The comparison L > R is the only correctness check required. It must be strict because equality is still a valid single-point overlap when endpoints are inclusive.
Worked Examples
Example 1
Input:
3
1 5
4 8
6 10
| Step | Interval | L | R | Feasible? |
|---|---|---|---|---|
| Init | [1, 5] | 1 | 5 | Yes |
| 1 | [4, 8] | 4 | 5 | Yes |
| 2 | [6, 10] | 6 | 5 | No |
After processing the second update, the interval becomes invalid since 6 > 5. The algorithm correctly outputs NO because no single point lies in all intervals.
Example 2
Input:
2
1 3
3 5
| Step | Interval | L | R | Feasible? |
|---|---|---|---|---|
| Init | [1, 3] | 1 | 3 | Yes |
| 1 | [3, 5] | 3 | 3 | Yes |
The intersection reduces to a single point at 3, which remains valid. The output is YES.

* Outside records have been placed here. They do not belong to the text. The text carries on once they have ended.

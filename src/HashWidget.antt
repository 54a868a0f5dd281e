-- ===== src/HashWidget.antt =====
-- qt/src/hashwidget.cpp: the tab that shows the hash of a message or a file, with or without a key. Texts
-- that are hashed are their bytes; a click on a control that is disabled does nothing.
pub mod View
pub mod Slots
pub mod Refinement
use Prim.Native.String.{String}
use text.Mathlib.Text.{◌==◌ as str_eq}
use cscrypto.Base.{ℕ, Bool, true, false, Option, none, some, List, [], ◌∷◌, if◌then◌else◌}
use cscrypto.Base58.{Base58}
use cscrypto.Blake2.{Blake2}
use cscrypto.MainCryptoFunctions.{calculate_hash}
use cscrypto.SignWidget.{CheckState, unchecked, partially_checked, checked}

-- `message_enabled`, `load_enabled`, `key_enabled` and `hash_enabled` belong to the controls.
pub record HashWidget : Type 0 where
  pub message : List ℕ
  pub hmac_key : List ℕ
  pub gen_hash : String
  pub file_name : String
  pub hashing_data : List ℕ
  pub file_mode : Bool
  pub hmac_mode : Bool
  pub message_enabled : Bool
  pub load_enabled : Bool
  pub key_enabled : Bool
  pub hash_enabled : Bool
  pub status : String

abbrev pub to_status_bar : String → HashWidget → HashWidget
to_status_bar text w = record w { status = text }

-- "Insert HMAC key..."
abbrev pub key_prompt : List ℕ
key_prompt =
    73 ∷ 110 ∷ 115 ∷ 101 ∷ 114 ∷ 116 ∷ 32 ∷ 72 ∷ 77 ∷ 65 ∷ 67 ∷ 32 ∷ 107 ∷ 101 ∷ 121 ∷ 46 ∷ 46 ∷ 46
    ∷ []

-- "Type message to hash..."
abbrev pub message_prompt : List ℕ
message_prompt =
    84 ∷ 121 ∷ 112 ∷ 101 ∷ 32 ∷ 109 ∷ 101 ∷ 115 ∷ 115 ∷ 97 ∷ 103 ∷ 101 ∷ 32 ∷ 116 ∷ 111 ∷ 32 ∷ 104
    ∷ 97 ∷ 115 ∷ 104 ∷ 46 ∷ 46 ∷ 46 ∷ []

abbrev pub hash_prompt : String
hash_prompt = "Calculated hash will be displayed here"

unfoldable pub initial : HashWidget
initial = record {
  message = message_prompt;
  hmac_key = key_prompt;
  gen_hash = hash_prompt;
  file_name = "No file loaded.";
  hashing_data = [];
  file_mode = false;
  hmac_mode = false;
  message_enabled = false;
  load_enabled = false;
  key_enabled = false;
  hash_enabled = false;
  status = "";
}

unfoldable pub activate_message_mode : HashWidget → HashWidget
activate_message_mode w = record w {
  file_mode = false;
  message_enabled = true;
  load_enabled = false;
  status = "Message mode activated. Type message to hash.";
  gen_hash = hash_prompt;
  hash_enabled = true;
}

unfoldable pub activate_file_mode : HashWidget → HashWidget
activate_file_mode w = record w {
  file_mode = true;
  load_enabled = true;
  message_enabled = false;
  status = "File mode activated. Load file to hash.";
  gen_hash = hash_prompt;
  hash_enabled = false;
  file_name = "No loaded file";
}

unfoldable pub activate_hmac : CheckState → HashWidget → HashWidget
activate_hmac checked w = record w {
  hmac_mode = true;
  status = "HMAC mode activated. You may hash data with key.";
  key_enabled = true;
  hmac_key = key_prompt;
}
activate_hmac unchecked w = record w {
  hmac_mode = false;
  status = "HMAC mode deactivated.";
  key_enabled = false;
}
activate_hmac partially_checked w = w

-- The slot `calculateHash`; `garbage` is what the uninitialised hash holds.
unfoldable pub calculate_hash_slot : Base58 → Blake2 → (garbage : List ℕ) → HashWidget → HashWidget
calculate_hash_slot b58 b garbage w =
    let bytes = if w.file_mode then w.hashing_data else w.message in
    record w {
      hashing_data = bytes;
      gen_hash =
          b58.encode (calculate_hash b garbage bytes (if w.hmac_mode then w.hmac_key else []));
      status = "Hash has been calculated.";
    }

-- The file that is chosen: its name, which is empty if the dialog was cancelled, and its contents
-- if it can be opened.
unfoldable pub load_hashing_file : String → Option (List ℕ) → HashWidget → HashWidget
load_hashing_file name none w =
    to_status_bar (if str_eq name "" then "No file chosen!" else "Unable to open file!") w
load_hashing_file name (some bytes) w =
    if str_eq name "" then to_status_bar "No file chosen!" w else record w {
      hashing_data = bytes;
      status = "File loaded.";
      file_name = name;
      hash_enabled = true;
    }

pub data Event : Type 0 where
  message_clicked file_clicked hash_clicked : Event
  hmac_box : CheckState → Event
  message_typed key_typed : List ℕ → Event
  file_chosen : String → Option (List ℕ) → Event

module _ (b58 : Base58) (b : Blake2) (garbage : List ℕ) where
  unfoldable pub step : Event → HashWidget → HashWidget
  step message_clicked w = activate_message_mode w
  step file_clicked w = activate_file_mode w
  step hash_clicked w = if w.hash_enabled then calculate_hash_slot b58 b garbage w else w
  step (hmac_box state) w = activate_hmac state w
  step (message_typed text) w = if w.message_enabled then record w { message = text } else w
  step (key_typed text) w = if w.key_enabled then record w { hmac_key = text } else w
  step (file_chosen name bytes) w = if w.load_enabled then load_hashing_file name bytes w else w

  unfoldable pub run_events : List Event → HashWidget → HashWidget
  run_events [] w = w
  run_events (e ∷ es) w = run_events es (step e w)
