-- ===== src/HashWidget/View.antt =====
-- What the tab promises.
use Prim.Native.String.{String}
use text.Mathlib.Text.{◌==◌ as str_eq}
use cscrypto.Base.{
  ℕ, Bool, true, false, Option, none, some, List, [], ◌∷◌, ◌≤◌, length, if◌then◌else◌,
}
use cscrypto.Base58.{Base58}
use cscrypto.Blake2.{Blake2, blake2s_keybytes}
use cscrypto.SignWidget.{unchecked, partially_checked, checked}
use cscrypto.HashWidget.{
  key_prompt, message_prompt, hash_prompt, Event, message_clicked, file_clicked, hash_clicked,
  hmac_box, message_typed, key_typed, file_chosen,
}

-- No mode is chosen yet, a message is hashed, or a file, once one was loaded in this mode.
pub data Mode : Type 0 where
  no_mode message_mode : Mode
  file_mode : Option (List ℕ) → Mode

-- The promised view: the mode, the message, the key if one is asked for, and the hash that is shown.
pub record View : Type 0 where
  pub mode : Mode
  pub message : List ℕ
  pub key : List ℕ
  pub with_key : Bool
  pub shown : String

abbrev pub is_message_mode : Mode → Bool
is_message_mode message_mode = true
is_message_mode _ = false

abbrev pub is_file_mode : Mode → Bool
is_file_mode (file_mode loaded) = true
is_file_mode _ = false

-- What is hashed, if there is something.
abbrev pub data_of : Mode → List ℕ → Option (List ℕ)
data_of no_mode message = none
data_of message_mode message = some message
data_of (file_mode loaded) message = loaded

-- A file that is loaded.
abbrev pub loads : String → Option (List ℕ) → Mode → Mode
loads name (some bytes) (file_mode loaded) =
    if str_eq name "" then file_mode loaded else file_mode (some bytes)
loads name _ mode = mode

-- A key that is typed is one that `blake2s` takes.
abbrev pub KeyFits : Event → Type 0
KeyFits (key_typed text) = length text ≤ blake2s_keybytes
KeyFits _ = Unit

abbrev pub AllFit : List Event → Type 0
AllFit [] = Unit
AllFit (e ∷ es) = KeyFits e × AllFit es

-- The text of a hash that `blake2s` gave; where it gave none, what was shown stays.
abbrev pub text_of : Base58 → String → Option (List ℕ) → String
text_of b58 shown none = shown
text_of b58 shown (some hash) = b58.encode hash

module _ (b58 : Base58) (b : Blake2) where
  abbrev pub digest : View → List ℕ → String
  digest v bytes = text_of b58 v.shown (b.blake2s bytes (if v.with_key then v.key else []))

  unfoldable pub promise : Event → View → View
  promise message_clicked v = record v { mode = message_mode; shown = hash_prompt }
  promise file_clicked v = record v { mode = file_mode none; shown = hash_prompt }
  promise hash_clicked v = elim (data_of v.mode v.message) [
    | none ↦ v
    | some bytes ↦ record v { shown = digest v bytes }
  ]
  promise (hmac_box checked) v = record v { with_key = true; key = key_prompt }
  promise (hmac_box unchecked) v = record v { with_key = false }
  promise (hmac_box partially_checked) v = v
  promise (message_typed text) v = record v {
    message = if is_message_mode v.mode then text else v.message;
  }
  promise (key_typed text) v = record v { key = if v.with_key then text else v.key }
  promise (file_chosen name bytes) v = record v { mode = loads name bytes v.mode }

  unfoldable pub promise_all : List Event → View → View
  promise_all [] v = v
  promise_all (e ∷ es) v = promise_all es (promise e v)

abbrev pub initial_view : View
initial_view = record {
  mode = no_mode;
  message = message_prompt;
  key = key_prompt;
  with_key = false;
  shown = hash_prompt;
}
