-- ===== src/HashWidget/Slots.antt =====
-- What a slot does to a state that shows a view.
use Prim.Native.String.{String}
use text.Mathlib.Text.{◌==◌ as str_eq}
use mathlib.Core.Option.{some-injective}
use cscrypto.Base.{
  ℕ, ◌≡◌, ◌≤◌, length, refl, sym, ap, ◌∙◌, Bool, true, false, Option, none, some, arith, is_some,
  List, [], if◌then◌else◌, if_true, if_false,
}
use cscrypto.Base58.{Base58}
use cscrypto.Blake2.{Blake2}
use cscrypto.MainCryptoFunctions.{calculate_hash}
use cscrypto.HashWidget.{
  HashWidget, to_status_bar, calculate_hash_slot, load_hashing_file, hash_clicked, message_typed,
  file_chosen, step,
}
use cscrypto.HashWidget.View.{
  Mode, no_mode, message_mode, file_mode, View, is_message_mode, is_file_mode, data_of, text_of,
  promise,
}

-- A state of the controls, by the fields that matter, shows a view.
pub record Shows (mode : Mode) (v_message v_key : List ℕ) (v_with_key : Bool) (v_shown : String)
    (message hmac_key : List ℕ) (gen_hash : String) (hashing_data : List ℕ)
    (in_file hmac message_enabled load_enabled key_enabled hash_enabled : Bool) : Type 0 where
  pub same_message : message ≡ v_message
  pub same_key : hmac_key ≡ v_key
  pub same_hmac : hmac ≡ v_with_key
  pub same_shown : gen_hash ≡ v_shown
  pub key_box : key_enabled ≡ v_with_key
  pub file_flag : in_file ≡ is_file_mode mode
  pub message_box : message_enabled ≡ is_message_mode mode
  pub load_button : load_enabled ≡ is_file_mode mode
  pub hash_button : hash_enabled ≡ is_some (data_of mode message)
  pub loaded : (bytes : List ℕ) → mode ≡ file_mode (some bytes) → hashing_data ≡ bytes

abbrev pub shows_of :
    {mode : Mode} {v_message v_key : List ℕ} {v_with_key : Bool} {v_shown : String}
    {message hmac_key : List ℕ} {gen_hash : String} {hashing_data : List ℕ}
    {in_file hmac message_enabled load_enabled key_enabled hash_enabled : Bool}
    → message ≡ v_message
    → hmac_key ≡ v_key
    → hmac ≡ v_with_key
    → gen_hash ≡ v_shown
    → key_enabled ≡ v_with_key
    → in_file ≡ is_file_mode mode
    → message_enabled ≡ is_message_mode mode
    → load_enabled ≡ is_file_mode mode
    → hash_enabled ≡ is_some (data_of mode message)
    → ((bytes : List ℕ) → mode ≡ file_mode (some bytes) → hashing_data ≡ bytes)
    → Shows mode v_message v_key v_with_key v_shown message hmac_key gen_hash hashing_data in_file
        hmac message_enabled load_enabled key_enabled hash_enabled
shows_of m k o s kb f mb lb hb l = record {
  same_message = m;
  same_key = k;
  same_hmac = o;
  same_shown = s;
  key_box = kb;
  file_flag = f;
  message_box = mb;
  load_button = lb;
  hash_button = hb;
  loaded = l;
}

abbrev pub IsView : HashWidget → View → Type 0
IsView w v =
    Shows v.mode v.message v.key v.with_key v.shown w.message w.hmac_key w.gen_hash w.hashing_data
      w.file_mode w.hmac_mode w.message_enabled w.load_enabled w.key_enabled w.hash_enabled

abbrev pub view : Mode → List ℕ → List ℕ → Bool → String → View
view mode message key with_key shown = record {
  mode = mode;
  message = message;
  key = key;
  with_key = with_key;
  shown = shown;
}

pub data_of-is_some :
    (mode : Mode) (message message' : List ℕ)
    → is_some (data_of mode message) ≡ is_some (data_of mode message')
data_of-is_some no_mode message message' = refl
data_of-is_some message_mode message message' = refl
data_of-is_some (file_mode loaded) message message' = refl

abbrev pub loaded_of : Mode → Option (List ℕ)
loaded_of (file_mode loaded) = loaded
loaded_of _ = none

used_fits :
    (with_key : Bool) (key : List ℕ) → length key ≤ 32 → length (if with_key then key else []) ≤ 32
used_fits true key fits = fits
used_fits false key fits = omega arith

module _ (b58 : Base58) (b : Blake2) (garbage : List ℕ) where
  -- The control is enabled or not, and the view says what follows.
  pub if_IsView :
      (on : Bool) (w w' : HashWidget) (v : View)
      → (on ≡ true → IsView w' v)
      → (on ≡ false → IsView w v)
      → IsView (if on then w' else w) v
  if_IsView true w w' v does stays = does refl
  if_IsView false w w' v does stays = stays refl

  -- With a key that fits, the slot shows what `blake2s` gives.
  digest_eq :
      (bytes bytes' key key' : List ℕ) (with_key with_key' : Bool) (shown : String)
      → bytes ≡ bytes'
      → key ≡ key'
      → with_key ≡ with_key'
      → length key' ≤ 32
      → b58.encode (calculate_hash b garbage bytes (if with_key then key else []))
        ≡ text_of b58 shown (b.blake2s bytes' (if with_key' then key' else []))
  unfolding calculate_hash
  digest_eq bytes bytes' key key' with_key with_key' shown e e' e'' fits =
      let used = if with_key' then key' else [] in
      let (hash, hashed, size, is_bytes) =
        b.blake2s_lem bytes' used (used_fits with_key' key' fits) in
      rw (e, e', e'', calculate_hash, hashed) refl

  pub hash_clicked-IsView :
      (w : HashWidget) (mode : Mode) (message key : List ℕ) (with_key : Bool) (shown : String)
      → length key ≤ 32
      → IsView w (view mode message key with_key shown)
      → IsView
          (step b58 b garbage hash_clicked w)
          (promise b58 b hash_clicked (view mode message key with_key shown))
  unfolding step promise calculate_hash_slot
  hash_clicked-IsView w no_mode message key with_key shown fits h =
      if_IsView w.hash_enabled w _ _ (λ on. absurd (ground (arith, on, h.hash_button))) (λ off. h)
  hash_clicked-IsView w message_mode message key with_key shown fits h =
      if_IsView w.hash_enabled w _ _
        (λ on.
          shows_of h.same_message h.same_key h.same_hmac
            (digest_eq _ _ _ _ _ _ _ (if_false w.file_mode _ _ h.file_flag ∙ h.same_message)
              h.same_key h.same_hmac fits)
            h.key_box h.file_flag h.message_box h.load_button h.hash_button (λ bytes e. cc))
        (λ off. absurd (ground (arith, off, h.hash_button)))
  hash_clicked-IsView w (file_mode none) message key with_key shown fits h =
      if_IsView w.hash_enabled w _ _ (λ on. absurd (ground (arith, on, h.hash_button))) (λ off. h)
  hash_clicked-IsView w (file_mode (some bytes)) message key with_key shown fits h =
      if_IsView w.hash_enabled w _ _
        (λ on.
          shows_of h.same_message h.same_key h.same_hmac
            (digest_eq _ _ _ _ _ _ _ (if_true w.file_mode _ _ h.file_flag ∙ h.loaded bytes refl)
              h.same_key h.same_hmac fits)
            h.key_box h.file_flag h.message_box h.load_button h.hash_button
            (λ bytes' e. if_true w.file_mode _ _ h.file_flag ∙ h.loaded bytes' e))
        (λ off. absurd (ground (arith, off, h.hash_button)))

  pub message_typed-IsView :
      (text : List ℕ) (w : HashWidget) (mode : Mode) (message key : List ℕ) (with_key : Bool)
      (shown : String)
      → IsView w (view mode message key with_key shown)
      → IsView
          (step b58 b garbage (message_typed text) w)
          (promise b58 b (message_typed text) (view mode message key with_key shown))
  unfolding step promise
  message_typed-IsView text w mode message key with_key shown h =
      if_IsView w.message_enabled w _ _
        (λ on.
          shows_of (sym (if_true (is_message_mode mode) _ _ (sym h.message_box ∙ on))) h.same_key
            h.same_hmac h.same_shown h.key_box h.file_flag h.message_box h.load_button
            (h.hash_button ∙ data_of-is_some mode w.message text) h.loaded)
        (λ off.
          shows_of
            (h.same_message ∙ sym (if_false (is_message_mode mode) _ _ (sym h.message_box ∙ off)))
            h.same_key h.same_hmac h.same_shown h.key_box h.file_flag h.message_box h.load_button
            h.hash_button h.loaded)

  loaded-IsView :
      (empty : Bool) (name : String) (bytes : List ℕ) (old : Option (List ℕ)) (w : HashWidget)
      (message key : List ℕ) (with_key : Bool) (shown : String)
      → IsView w (view (file_mode old) message key with_key shown)
      → IsView
          (if empty then to_status_bar "No file chosen!" w else record w {
            hashing_data = bytes;
            status = "File loaded.";
            file_name = name;
            hash_enabled = true;
          })
          (view
            (if empty then file_mode old else file_mode (some bytes))
            message
            key
            with_key
            shown)
  loaded-IsView true name bytes old w message key with_key shown h = h
  loaded-IsView false name bytes old w message key with_key shown h =
      shows_of h.same_message h.same_key h.same_hmac h.same_shown h.key_box h.file_flag
        h.message_box h.load_button refl (λ bytes' e. some-injective bytes bytes' (ap loaded_of e))

  pub file_chosen-IsView :
      (name : String) (file : Option (List ℕ)) (w : HashWidget) (mode : Mode) (message key : List ℕ)
      (with_key : Bool) (shown : String)
      → IsView w (view mode message key with_key shown)
      → IsView
          (step b58 b garbage (file_chosen name file) w)
          (promise b58 b (file_chosen name file) (view mode message key with_key shown))
  unfolding step promise load_hashing_file
  file_chosen-IsView name none w mode message key with_key shown h =
      if_IsView w.load_enabled w _ _ (λ on. h) (λ off. h)
  file_chosen-IsView name (some bytes) w no_mode message key with_key shown h =
      if_IsView w.load_enabled w _ _ (λ on. absurd (ground (arith, on, h.load_button))) (λ off. h)
  file_chosen-IsView name (some bytes) w message_mode message key with_key shown h =
      if_IsView w.load_enabled w _ _ (λ on. absurd (ground (arith, on, h.load_button))) (λ off. h)
  file_chosen-IsView name (some bytes) w (file_mode old) message key with_key shown h =
      if_IsView w.load_enabled w _ _
        (λ on. loaded-IsView (str_eq name "") name bytes old w message key with_key shown h)
        (λ off. absurd (ground (arith, off, h.load_button)))
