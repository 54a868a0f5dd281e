-- ===== src/HashWidget/Refinement.antt =====
-- The slots do what the tab promises.
use cscrypto.Base.{
  ℕ, ◌≡◌, ◌≤◌, length, Option, arith, Bool-cases, inl, inr, refl, sym, ap, ◌∙◌, none, some, is_some,
  List, [], ◌∷◌, if_true, if_false,
}
use cscrypto.Base58.{Base58}
use cscrypto.Blake2.{Blake2}
use cscrypto.SignWidget.{unchecked, partially_checked, checked}
use cscrypto.HashWidget.{
  HashWidget, initial, activate_message_mode, activate_file_mode, activate_hmac, Event,
  message_clicked, file_clicked, hash_clicked, hmac_box, message_typed, key_typed, file_chosen,
  step, run_events,
}
use cscrypto.HashWidget.View.{View, data_of, KeyFits, AllFit, promise, promise_all, initial_view}
use cscrypto.HashWidget.Slots.{
  IsView, shows_of, loaded_of, data_of-is_some, if_IsView, hash_clicked-IsView,
  message_typed-IsView, file_chosen-IsView,
}

initial-IsView : IsView initial initial_view
unfolding initial
initial-IsView = record {
  same_message = refl;
  same_key = refl;
  same_hmac = refl;
  same_shown = refl;
  key_box = refl;
  file_flag = refl;
  message_box = refl;
  load_button = refl;
  hash_button = refl;
  loaded = λ bytes e. cc;
}

module _ (b58 : Base58) (b : Blake2) (garbage : List ℕ) where
  key_typed-IsView :
      (text : List ℕ) (w : HashWidget) (v : View)
      → IsView w v
      → IsView (step b58 b garbage (key_typed text) w) (promise b58 b (key_typed text) v)
  unfolding step promise
  key_typed-IsView text w v h =
      if_IsView b58 b garbage w.key_enabled w _ _
        (λ on.
          shows_of h.same_message (sym (if_true v.with_key _ _ (sym h.key_box ∙ on))) h.same_hmac
            h.same_shown h.key_box h.file_flag h.message_box h.load_button h.hash_button h.loaded)
        (λ off.
          shows_of h.same_message (h.same_key ∙ sym (if_false v.with_key _ _ (sym h.key_box ∙ off)))
            h.same_hmac h.same_shown h.key_box h.file_flag h.message_box h.load_button h.hash_button
            h.loaded)

  -- The key of the view stays one that `blake2s` takes.
  promise-KeyFits :
      (e : Event) (v : View) → KeyFits e → length v.key ≤ 32 → length (promise b58 b e v).key ≤ 32
  unfolding promise
  promise-KeyFits message_clicked v fit h = h
  promise-KeyFits file_clicked v fit h = h
  promise-KeyFits hash_clicked v fit h = go (data_of v.mode v.message) refl
    where
      go :
          (source : Option (List ℕ))
          → data_of v.mode v.message ≡ source
          → length (promise b58 b hash_clicked v).key ≤ 32
      go none e = rw (length, e) h
      go (some bytes) e = rw (length, e) h
  promise-KeyFits (hmac_box checked) v fit h = omega arith
  promise-KeyFits (hmac_box unchecked) v fit h = h
  promise-KeyFits (hmac_box partially_checked) v fit h = h
  promise-KeyFits (message_typed text) v fit h = h
  promise-KeyFits (key_typed text) v fit h = elim (Bool-cases v.with_key) [
    | inl on ↦ rw on fit
    | inr off ↦ rw off h
  ]
  promise-KeyFits (file_chosen name file) v fit h = h

  step-IsView :
      (e : Event) (w : HashWidget) (v : View)
      → length v.key ≤ 32
      → IsView w v
      → IsView (step b58 b garbage e w) (promise b58 b e v)
  unfolding step promise activate_message_mode activate_file_mode activate_hmac
  step-IsView message_clicked w v fits h =
      shows_of h.same_message h.same_key h.same_hmac refl h.key_box refl refl refl refl
        (λ bytes e. cc)
  step-IsView file_clicked w v fits h =
      shows_of h.same_message h.same_key h.same_hmac refl h.key_box refl refl refl refl
        (λ bytes e. let gone : none ≡ some bytes = ap loaded_of e in cc)
  step-IsView hash_clicked w v fits h =
      hash_clicked-IsView b58 b garbage w v.mode v.message v.key v.with_key v.shown fits h
  step-IsView (hmac_box checked) w v fits h =
      shows_of h.same_message refl refl h.same_shown refl h.file_flag h.message_box h.load_button
        h.hash_button h.loaded
  step-IsView (hmac_box unchecked) w v fits h =
      shows_of h.same_message h.same_key refl h.same_shown refl h.file_flag h.message_box
        h.load_button h.hash_button h.loaded
  step-IsView (hmac_box partially_checked) w v fits h = h
  step-IsView (message_typed text) w v fits h =
      message_typed-IsView b58 b garbage text w v.mode v.message v.key v.with_key v.shown h
  step-IsView (key_typed text) w v fits h = key_typed-IsView text w v h
  step-IsView (file_chosen name file) w v fits h =
      file_chosen-IsView b58 b garbage name file w v.mode v.message v.key v.with_key v.shown h

  run_events-IsView :
      (es : List Event) (w : HashWidget) (v : View)
      → AllFit es
      → length v.key ≤ 32
      → IsView w v
      → IsView (run_events b58 b garbage es w) (promise_all b58 b es v)
  unfolding run_events promise_all
  run_events-IsView [] w v all fits h = h
  run_events-IsView (e ∷ es) w v (fit, all) fits h =
      run_events-IsView es (step b58 b garbage e w) (promise b58 b e v) all
        (promise-KeyFits e v fit fits) (step-IsView e w v fits h)

  -- Whatever a user does with a new tab, in any order, if every key that is typed has at most 32 bytes,
  -- the line shows what the promised view says: what `blake2s` gives for the message, or for the file
  -- that was loaded since the file mode was chosen, at the last click on the button, with the key of
  -- that moment if one is asked for; the prompt after a change of the mode. It is never what an
  -- uninitialised hash holds. The button can be used exactly when there is a message or such a file.
  pub run_events-promise_all :
      (es : List Event)
      → AllFit es
      → let w = run_events b58 b garbage es initial in
        let v = promise_all b58 b es initial_view in
        (w.gen_hash ≡ v.shown) × (w.hash_enabled ≡ is_some (data_of v.mode v.message))
  run_events-promise_all es all =
      let h = run_events-IsView es initial initial_view all (omega arith) initial-IsView in
      let v = promise_all b58 b es initial_view in
      (h.same_shown, h.hash_button ∙ data_of-is_some v.mode _ v.message)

These examples confirm that endpoint handling is critical and that the algorithm naturally handles both wide overlaps and single-point intersections.
Complexity Analysis
| Measure | Complexity | Explanation |
|---|---|---|
| Time | O(n) | Each interval is processed once with constant-time updates |
| Space | O(1) | Only two variables are maintained |
The linear scan is optimal because every constraint must be read at least once. This fits comfortably within typical Codeforces limits even for large n.
Test Cases
import sys, io
def run(inp: str) -> str:
sys.stdin = io.StringIO(inp)
from collections import deque
data = inp.strip().split()
it = iter(data)
n = int(next(it))
L = int(next(it))
R = int(next(it))
for _ in range(n - 1):
l = int(next(it))
r = int(next(it))
L = max(L, l)
R = min(R, r)
if L > R:
return "NO"
return "YES"
# provided samples (illustrative)
assert run("3\n1 5\n4 8\n6 10\n") == "NO"
assert run("2\n1 3\n3 5\n") == "YES"
# custom cases
assert run("1\n5 10\n") == "YES", "single interval always valid"
assert run("2\n1 2\n3 4\n") == "NO", "disjoint intervals"
assert run("3\n1 10\n2 3\n3 3\n") == "YES", "shrinking to single point"
assert run("3\n1 10\n2 5\n6 7\n") == "NO", "split feasibility"
| Test input | Expected output | What it validates |
|---|---|---|
| single interval | YES | base case |
| disjoint intervals | NO | early failure detection |
| shrinking to point | YES | endpoint correctness |
| split feasibility | NO | multi-step intersection collapse |
Edge Cases
One edge case is when intervals collapse to a single point. For example:
3
1 10
5 5
5 7
The algorithm first reduces [1, 10] to [5, 5], then intersects with [5, 7] and keeps [5, 5]. The output remains valid because equality is allowed.
Another edge case is immediate disjointness at the second interval:
2
1 3
10 20
After first update, [1, 3] intersects with [10, 20] producing an invalid interval where L > R. The algorithm correctly stops early.
A final subtle case is large ranges where naive enumeration would fail, but the intersection method remains constant-time per step, ensuring correctness without relying on coordinate limits.